**Required action:** Whenever a line in the material below includes "ends", copy that line.

**Material shown:**
-- ===== src/PipeServer/Tests.antt =====
-- A run of the server in which one thread begins before a signal ends the process.
use c_teaching.Prelude.{ℕ, ◌≤◌, ◌<◌, ◌≡◌, refl, List, [], ◌∷◌, ◌++◌, arith}
use c_teaching.Sys.{ok}
use c_teaching.Logger
use c_teaching.PipeServer.{Server, Texts, init, Step, Reach, here, then_step}
use c_teaching.PipeServer.Lines.{text_of, own, printed_at}
use c_teaching.PipeServer.Logged.{Runs, pipe_log, pipe_log_whole}

abbrev some_texts : Texts
some_texts = record {
  welcome = λ a. a ∷ [];
  starting = 1 ∷ [];
  accepted = 2 ∷ [];
  handles = λ i a. 3 ∷ i ∷ a ∷ [];
  closes = λ i a. 4 ∷ i ∷ a ∷ [];
}

abbrev started : (s : Server) × Reach some_texts (init 0) s
started = (
  _,
  then_step
      (then_step (then_step (then_step here (Step.close_log refl refl)) (Step.close_pipe refl refl))
        (Step.redirect refl refl))
      (Step.boot refl refl),
)

first_thread : 0 < 1
first_thread = omega arith

abbrev one_thread : (s : Server) × Reach some_texts (init 0) s
one_thread = (
  _,
  then_step
      (then_step
        (then_step
          (then_step
            (then_step (then_step started.1 (Step.accept 7 refl refl)) (Step.debug refl refl))
            (Step.create refl refl))
          (Step.allocate 1 refl refl refl))
        (Step.read_address 0 refl first_thread refl refl))
      (Step.announce 0 refl first_thread refl),
)

whole_read : (5 ≤ 512) × (5 ≤ 5)
whole_read = (omega arith, omega arith)

no_byte : 0 ≤ 512
no_byte = omega arith

not_zero : {A : Type 0} → ◌≡◌ {A = ℕ} 5 0 → A
not_zero e = absurd (omega (arith, e))

-- The Logger copies the three lines, finds the end of the pipe and ends.
abbrev logged : (s : Server) × Reach some_texts (init 0) s
unfolding Logger.step
logged = (
  _,
  then_step
      (then_step
        (then_step
          (then_step
            (then_step (then_step one_thread.1 (Step.killed refl))
              (Step.logs (ok 5) (whole_read.0, whole_read.1, not_zero)))
            (Step.logs (ok 5) whole_read.1))
          (Step.logs (ok 0) (no_byte, no_byte_left, λ e. (refl, refl))))
        (Step.logs (ok 0) tt))
      (Step.logs (ok 0) tt),
)
  where
    no_byte_left : 0 ≤ 0
    no_byte_left = omega arith

pipe_log_example :
    ((rest : List ℕ) × (one_thread.0.logger.log ++ rest ≡ text_of one_thread.0.printed))
    × ((i : ℕ) → own i one_thread.0.printed ≡ printed_at some_texts i (one_thread.0.threads i))
    × ((i : ℕ) → Runs some_texts (one_thread.0.threads i))
pipe_log_example = pipe_log one_thread.1

pipe_log_whole_example : logged.0.logger.log ≡ text_of logged.0.printed
unfolding Logger.step
pipe_log_whole_example = pipe_log_whole logged.1 refl refl
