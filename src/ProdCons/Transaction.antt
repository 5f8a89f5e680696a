-- ===== src/ProdCons/Transaction.antt =====
-- performRandomTransaction(), which all four programs of lab05 hold, and the balance message.
use c_teaching.Prelude.{ℕ, ◌+◌, ◌*◌, ◌%◌, ◌≢◌, ltb, if◌then◌else◌, arith}
use c_teaching.Prelude.Int.{ℤ, pos, negsuc, ◌-ℤ◌, ◌≤ℤ◌}

abbrev pub max_transaction : ℕ
max_transaction = 1000

-- `r` is what rand() returns. `amount++` is tested before and read after the increment.
unfoldable pub perform_random_transaction : ℕ → ℤ
unfolding ◌-ℤ◌
perform_random_transaction r =
    let amount = r % (2 * max_transaction) in
    if ltb amount max_transaction then pos (amount + 1) else pos max_transaction -ℤ pos (amount + 1)

-- Whatever rand() returns, a transaction is not 0 and its size is at most MAX_TRANSACTION.
pub perform_random_transaction_range :
    (r : ℕ)
    → (perform_random_transaction r ≢ pos 0)
      × (perform_random_transaction r ≤ℤ pos max_transaction)
      × (negsuc 999 ≤ℤ perform_random_transaction r)
unfolding perform_random_transaction
perform_random_transaction_range r = ground arith
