-- ===== src/ProdCons.antt =====
-- lab05-producer-consumer: the shared data of the four producer/consumer programs, the random
-- transaction, and the programs' threads in child modules.
pub mod Many
pub mod Plain
mod Transaction
unfoldable pub use Transaction.{max_transaction, perform_random_transaction}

**Completed task:**
-- A run of the server in which one thread begins before a signal ends the process.
-- The Logger copies the three lines, finds the end of the pipe and ends.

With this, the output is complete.